The unpredictability of news and events during COVID-19 has heavily increased the anxiety and pressure I have felt in my daily life. As a person who struggles with generalized anxiety, I like to keep my life structured and constant, but as news about COVID continues to come and there are new rules every day, I find myself struggling to keep up and that I am becoming increasingly overwhelmed. In the beginning of the “quarantine” period, I enjoyed spending newfound free time by myself, enjoying the hobbies I never usually found time for. However, as time went on, and the COVID-19 world became more serious, the fun “grace” period ended and I fell into a lull.
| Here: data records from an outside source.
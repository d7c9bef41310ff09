-- ===== src/Operations/Claims/Exclusive.antt =====
-- No operation is claimed twice in a round of a worker.
use brevyn_cloud.Base.{
  ℕ, zero, suc, ◌≤◌, ◌≡◌, refl, ap, subst, true, false, none, some, List, [], ◌∷◌, Text, arith, inl,
  inr, Option-cases, Bool-cases, All, All-Memᴰ, length, ◌==◌, update_where, update_where-All,
}
use brevyn_cloud.Operations.{Operation}
use brevyn_cloud.Operations.Runner.{
  OperationRecord, is_running, candidate, claim, has_id, to_record, claim_next, claim_batch,
}
use brevyn_cloud.Operations.Claims.{
  candidate-IsFirst, claimable_attempts, claim_next-none, claim_next-some, claimed_record,
}

-- The row with this id, if there is one, is running.
abbrev pub IsTaken : ℕ → List Operation → Type 0
IsTaken id = All (λ op. (op.id == id) ≡ true → is_running op.status ≡ true)

-- A claim leaves the rows that are taken taken.
claim_next-IsTaken :
    (worker : Text) (now id : ℕ) (rows : List Operation)
    → IsTaken id rows
    → IsTaken id (claim_next worker now rows).1
unfolding claim
claim_next-IsTaken worker now id rows h = elim (Option-cases (candidate now rows)) [
  | inl e ↦ rw (claim_next-none worker now rows e) h
  | inr (op, e) ↦
      rw (claim_next-some worker now rows op e)
        (update_where-All _ (has_id op.id) (claim worker now) rows (λ _ _ _ _. refl) h)
]

update_where_takes :
    (worker : Text) (now id : ℕ) (rows : List Operation)
    → IsTaken id (update_where (has_id id) (claim worker now) rows)
unfolding update_where claim
update_where_takes worker now id [] = tt
update_where_takes worker now id (op ∷ rows) =
    (λ same. ground arith, update_where_takes worker now id rows)

claim_next_takes :
    (worker : Text) (now : ℕ) (rows : List Operation) (r : OperationRecord)
    → (claim_next worker now rows).0 ≡ some r
    → IsTaken r.db_id (claim_next worker now rows).1
unfolding claim to_record
claim_next_takes worker now rows r h = elim (Option-cases (candidate now rows)) [
  | inl e ↦ absurd (cc (h, ap (λ p. p.0) (claim_next-none worker now rows e)))
  | inr (op, e) ↦
      subst (λ (r : OperationRecord). IsTaken r.db_id (claim_next worker now rows).1)
        (claimed_record worker now rows op r e h)
        (rw (claim_next-some worker now rows op e) (update_where_takes worker now op.id rows))
]

taken_not_claimed :
    (worker : Text) (now id : ℕ) (rows : List Operation) (r : OperationRecord)
    → IsTaken id rows
    → (claim_next worker now rows).0 ≡ some r
    → (r.db_id == id) ≡ false
unfolding claim to_record
taken_not_claimed worker now id rows r taken h = elim (Option-cases (candidate now rows)) [
  | inl e ↦ absurd (cc (h, ap (λ p. p.0) (claim_next-none worker now rows e)))
  | inr (op, e) ↦
      let (claimable, op_in, _) = candidate-IsFirst now rows op e in
      let idle = (claimable_attempts now op claimable).1 in
      let running = All-Memᴰ _ rows op_in taken in
      subst (λ (r : OperationRecord). (r.db_id == id) ≡ false)
        (claimed_record worker now rows op r e h)
        (elim (Bool-cases (op.id == id)) [
          | inl same ↦ absurd (cc (running same, idle))
          | inr other ↦ other
        ])
]

module _ (worker : Text) (now n : ℕ) (rows : List Operation) where
  pub batch_none :
      (claim_next worker now rows).0 ≡ none
      → claim_batch worker now (suc n) rows ≡ ([], (claim_next worker now rows).1)
  unfolding claim_batch
  batch_none e = rw (e, claim_batch)

  pub batch_some :
      (op : OperationRecord)
      → (claim_next worker now rows).0 ≡ some op
      → claim_batch worker now (suc n) rows ≡ (
        op ∷ (claim_batch worker now n (claim_next worker now rows).1).0,
        (claim_batch worker now n (claim_next worker now rows).1).1,
      )
  unfolding claim_batch
  batch_some op e = rw (e, claim_batch)

-- None of these is a claim of `id`.
abbrev pub NotClaimed : ℕ → List OperationRecord → Type 0
NotClaimed id = All (λ r. (r.db_id == id) ≡ false)

-- A whole round of claims leaves a taken row taken, and claims it no second time.
pub claim_batch-IsTaken :
    (worker : Text) (now id n : ℕ) (rows : List Operation)
    → IsTaken id rows
    → NotClaimed id (claim_batch worker now n rows).0 × IsTaken id (claim_batch worker now n rows).1
unfolding claim_batch
claim_batch-IsTaken worker now id zero rows h = (tt, h)
claim_batch-IsTaken worker now id (suc n) rows h =
    let rest = claim_next-IsTaken worker now id rows h in
    elim (Option-cases (claim_next worker now rows).0) [
      | inl e ↦ rw (batch_none worker now n rows e) (tt, rest)
      | inr (op, e) ↦
          let (others, taken) =
            claim_batch-IsTaken worker now id n (claim_next worker now rows).1 rest in
          rw (batch_some worker now n rows op e)
            ((taken_not_claimed worker now id rows op h e, others), taken)
    ]

-- Every id stands once in the list.
abbrev pub Distinct : List OperationRecord → Type 0
Distinct [] = Unit
Distinct (r ∷ rs) = NotClaimed r.db_id rs × Distinct rs

-- A round claims at most `batch_size` operations, all different, and leaves each of them running.
pub claim_batch-Distinct :
    (worker : Text) (now n : ℕ) (rows : List Operation)
    → let (ops, rows') = claim_batch worker now n rows in
      (length ops ≤ n) × Distinct ops × All (λ r. IsTaken r.db_id rows') ops
unfolding claim_batch
claim_batch-Distinct worker now zero rows = (omega arith, tt, tt)
claim_batch-Distinct worker now (suc n) rows = elim (Option-cases (claim_next worker now rows).0) [
  | inl e ↦ rw (batch_none worker now n rows e) (omega arith, tt, tt)
  | inr (op, e) ↦
      let rows' = (claim_next worker now rows).1 in
      let (short, distinct, running) = claim_batch-Distinct worker now n rows' in
      let (others, taken) =
        claim_batch-IsTaken worker now op.db_id n rows' (claim_next_takes worker now rows op e) in
      rw (batch_some worker now n rows op e) (omega arith, (others, distinct), (taken, running))
]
I lost motivation to do schoolwork, found no inspiration for my hobbies, and stayed reserved from my family and friends. I find that I am worried about taking part in the social events I used to love attending for fear of the virus and I am much more nervous to be in public spaces. Finally, as a rising senior in high school, I am incredibly anxious and saddened by the sudden change in how this school year will run. I have always had an idealized view of how my senior year will be, but unfortunately, this idea has been greatly disrupted for my class, the class of 2021, as well as the class of 2020. Though difficult news comes in every day, I have learned how important it is to be able to turn to family and friends for help when I need it. While isolated, I had a lot of difficulty dealing with my emotions and anxiety, but as I have turned to family and friends to help talk-out my emotions, I have realized that my feelings are valid and are shared by others. Every day, my friends and family are helping me feel more comfortable in the COVID-19 world and are reassuring me that life will be better on the other side of the pandemic.

A.C. 20-years-old

  I will be honest with how my life went before the pandemic hit the world and after. I cannot say that I was living my best life and then all of a sudden, this massive crisis came upon the world like it was the apocalypse and everything went to hell. The truth is I wasn’t living my best life at all. I had two psychiatric hospitalizations in that year alone shortly before everything happened. I was always on edge, alone, starving (eating disorder), and terribly suicidal.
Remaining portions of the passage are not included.